Hi Alain,
I had a look into the wireshark trace, and it looks a bit strange what I can see there.
Maybe it’s only a “follow-up issue” to your testing to reach the 2.nd device via VPN, at least it looks a bit like that for me, or I haven’t understood the whole architecture right now.
So, are the ModbusTCP master and slave are connected directly (via switch), or are they connected via a routing device / VPN?
I’m asking because I’ve seen that the TCP/IP device 10.11.12.2 (which is a ModbusTCP slave as I understood) is trying to communicate to an IP address 10.11.12.10 (which should be the ModbusTCP master and therefore the PLC, right?), but is using a MAC address of a Teltonika device (if wireshark decodes the MAC address right, I know Teltonika for their RUT systems and I assume this device is a VPN router?) instead of the B&R’s PLC MAC address??
A B&R PLC MAC address should always start with 00:60:65 …, but here I can see that the destination MAC address is different 20:97:27…
Looking to the communication of the device 10.11.12.1 (I assume this is the first ModbusTCP device, station number 7), there’s the right MAC address used for 10.11.12.10, starting with 00:60:65…
But also interesting: the slave device of this communication seems to be the same Teltonika device, is this right? So, is the device with IP address 10.11.12.1 really a router and configured as ModbusTCP slave and connected to the PLC as ModbusTCP master?
… sorry, even more questions then answers.
But at least in that wireshark trace it looks a bit confusing what’s going on on the network I think, that at least the ModbusTCP slave devices still using the MAC addresses of the router in their internal MAC table because of reaching them out via VPN (at least in my opinion this would explain why different devices have different MAC addresses aligned to the masters IP address).

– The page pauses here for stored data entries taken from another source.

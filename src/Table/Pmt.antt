-- ===== src/Table/Pmt.antt =====
-- src/table.c: `parse_pmt`, which turns a program map into a list of streams and registers each.
pub mod Streams
mod Tests
use tsanalyze.Base.{
  ℕ, zero, suc, ◌+◌, ◌-◌, ◌==◌, leb, ltb, ◌&&◌, ◌||◌, if◌then◌else◌, Bool, true, false, Option,
  none, some, ◌>>=◌, List, [], ◌∷◌, ◌++◌, Bytes, read8, read16, drop, bit_and, update, Heap, load,
  length,
}
use tsanalyze.Descriptor.{Descriptor, parse_descriptors}
use tsanalyze.Pes.{MpegtsPes, DataCallback, parse_subtitle, parse_teletext, register_pes_ops}
use tsanalyze.Pes.Header.{NonPs}
use tsanalyze.Pes.Packet.{register_pes_data_callback}
use tsanalyze.Scte.{MpegtsScte, register_scte_ops}
use tsanalyze.Table.Ops.{Psi, register_section_ops}
use tsanalyze.Table.Header.{TableHeader, HeaderResult, done, parse_section_header}
use tsanalyze.Table.Pat.{PatResult, parsed, out_of_memory, not_done, contents}

-- `struct es_node`
pub record EsNode (D : Type 0) : Type 0 where
  pub stream_type : ℕ
  pub elementary_pid : ℕ
  pub es_info_length : ℕ
  pub descriptors : List (Descriptor D)

-- `pmt_t`; `crc32` is never used.
pub record Pmt (D : Type 0) : Type 0 where
  pub pmt_header : TableHeader
  pub program_number : ℕ
  pub pcr_pid : ℕ
  pub program_info_length : ℕ
  pub descriptors : List (Descriptor D)
  pub streams : List (EsNode D)

-- What registering a stream may change. `Priv` is what the parsers of data keep.
pub record Registries (Priv : Type 0) : Type 0 where
  pub psi : Psi
  pub pes : MpegtsPes Priv
  pub scte : MpegtsScte

module _ {D : Type 0} where
  abbrev pub has_descritpor_tag : List (Descriptor D) → ℕ → Bool
  has_descritpor_tag [] tag = false
  has_descritpor_tag (p ∷ rest) tag = if p.tag == tag then true else has_descritpor_tag rest tag

module _ {D : Type 0} (parse : ℕ → Bytes → ℕ → Option D) where
  -- The node that a round reads.
  unfoldable pub read_stream : Bytes → Option (EsNode D)
  read_stream pdata = do
    stream_type' ← read8 pdata 0
    pid ← read16 pdata 1
    len ← read16 pdata 3
    ds ← parse_descriptors parse (drop 5 pdata) (bit_and len 0x0FFF)
    some (record {
      stream_type = stream_type';
      elementary_pid = bit_and pid 0x1FFF;
      es_info_length = bit_and len 0x0FFF;
      descriptors = ds;
    })

-- `memory` says whether `realloc` gives the memory of the registries, `new_subtitle` and
-- `new_teletext` what `calloc` gives for the data of a stream.
module _ {Priv D : Type 0} (new_subtitle new_teletext : Option Priv) (zero_header : NonPs)
    (memory : Bool) where
  -- The branch for what is neither sections nor SCTE 35.
  unfoldable pub register_data : EsNode D → Registries Priv → Option (Registries Priv)
  register_data pn r = do
    (pes', fs') ←
        register_pes_ops zero_header memory memory pn.elementary_pid pn.stream_type r.pes
          r.psi.filters
    pes'' ←
        (if has_descritpor_tag pn.descriptors 0x59
          then register_pes_data_callback new_subtitle new_teletext pn.elementary_pid pn.stream_type
              parse_subtitle 0x59 pes'
          else if has_descritpor_tag pn.descriptors 0x56
          then register_pes_data_callback new_subtitle new_teletext pn.elementary_pid pn.stream_type
              parse_teletext 0x56 pes'
          else some pes')
    some (record r { pes = pes''; psi = record r.psi { filters = fs' } })

  unfoldable pub register_stream : EsNode D → Registries Priv → Option (Registries Priv)
  unfolding register_data
  register_stream pn r =
      if pn.stream_type == 0x05 || (leb 0x08 pn.stream_type && leb pn.stream_type 0x0D)
      then (do
        psi' ← register_section_ops memory pn.elementary_pid 0 none r.psi
        some (record r { psi = psi' }))
      else if pn.stream_type == 0x86
      then (do
        (scte', psi') ← register_scte_ops memory pn.elementary_pid r.scte r.psi
        some (record r { scte = scte'; psi = psi' }))
      else register_data pn r

  module _ (parse : ℕ → Bytes → ℕ → Option D) where
    -- The loop with `section_len` bytes to go: one below zero ends it as 0 does. `node_memory` says
    -- whether `calloc` gives the nodes. A round takes at least five bytes.
    unfoldable pub streams_from :
        Bool
        → ℕ
        → Bytes
        → ℕ
        → Registries Priv
        → Option (PatResult × List (EsNode D) × Registries Priv)
    unfolding read_stream register_stream
    streams_from node_memory fuel pdata zero r = some (parsed, [], r)
    streams_from node_memory zero pdata (suc len) r = none
    streams_from false (suc fuel) pdata (suc len) r = some (out_of_memory, [], r)
    streams_from true (suc fuel) pdata (suc len) r = do
      pn ← read_stream parse pdata
      r' ← register_stream pn r
      (result, later, r'') ←
          streams_from true fuel (drop (5 + pn.es_info_length) pdata)
            (suc len - (5 + pn.es_info_length)) r'
      some (result, pn ∷ later, r'')

    -- What follows once the table is whole. What the old nodes and descriptors held is given back,
    -- which nothing here observes.
    unfoldable pub read_pmt :
        Bool
        → TableHeader
        → Bytes
        → Pmt D
        → Registries Priv
        → Option (PatResult × Pmt D × Registries Priv)
    unfolding streams_from
    read_pmt node_memory h pdata p r = do
      pcr ← read16 pdata 0
      info ← read16 pdata 2
      let info_length = bit_and info 0x0FFF
      ds ← parse_descriptors parse (drop 4 pdata) info_length
      let section_len = h.section_length - (5 + 4) - 2 - (2 + info_length)
      (result, streams', r') ←
          streams_from node_memory section_len (drop (4 + info_length) pdata) section_len r
      let p' : Pmt D = record {
        pmt_header = h;
        program_number = h.table_id_ext;
        pcr_pid = bit_and pcr 0x1FFF;
        program_info_length = info_length;
        descriptors = ds;
        streams = streams';
      }
      some (result, p', r')

    unfoldable pub parse_pmt :
        (ℕ → Option Bytes)
        → Bool
        → Option Bytes
        → ℕ
        → Pmt D
        → Registries Priv
        → Heap
        → Option (PatResult × Pmt D × Registries Priv × Heap)
    unfolding read_pmt
    parse_pmt malloc node_memory pbuf buf_size p r mem = do
      (ret, header', mem') ← parse_section_header malloc pbuf buf_size p.pmt_header mem
      elim ret [
        | done ↦ (do
          (result, p', r') ←
              read_pmt node_memory header' (contents (load header'.private_data_byte mem')) p r
          some (result, p', r', mem'))
        | other ↦ some (not_done other, record p { pmt_header = header' }, r, mem')
      ]

    -- `psi.pmt` is an array with an entry for each PID.
    unfoldable pub pmt_proc :
        (ℕ → Option Bytes)
        → Bool
        → ℕ
        → Option Bytes
        → ℕ
        → (ℕ → Pmt D)
        → Registries Priv
        → Heap
        → Option ((ℕ → Pmt D) × Registries Priv × Heap)
    unfolding parse_pmt
    pmt_proc malloc node_memory pid pkt len pmts r mem = do
      (_, p', r', mem') ← parse_pmt malloc node_memory pkt len (pmts pid) r mem
      some (update pmts pid p', r', mem')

To come into a clear situation, at least all ethernet devices (including routers and switches!) should do a MAC table flush at the same time - normally this could be done by switching them all off (at the same time!) for some time (normally, a “joined switched off time” around 30-60 seconds should be enough).
After that, all devices should update their MAC address tables when starting IP communication again - of course I don’t think that this solves your issue, but hopefully at least resets the network to a “known situation” so that we can try to go on investigating…
Could you also please post a picture of your complete network architecture, so how the devices are connected, what device has what function (master, slave, router, PLC, manufacturer, a.s.o) and should have what IP address? Maybe that helps to interprete the network traces.
Best regards!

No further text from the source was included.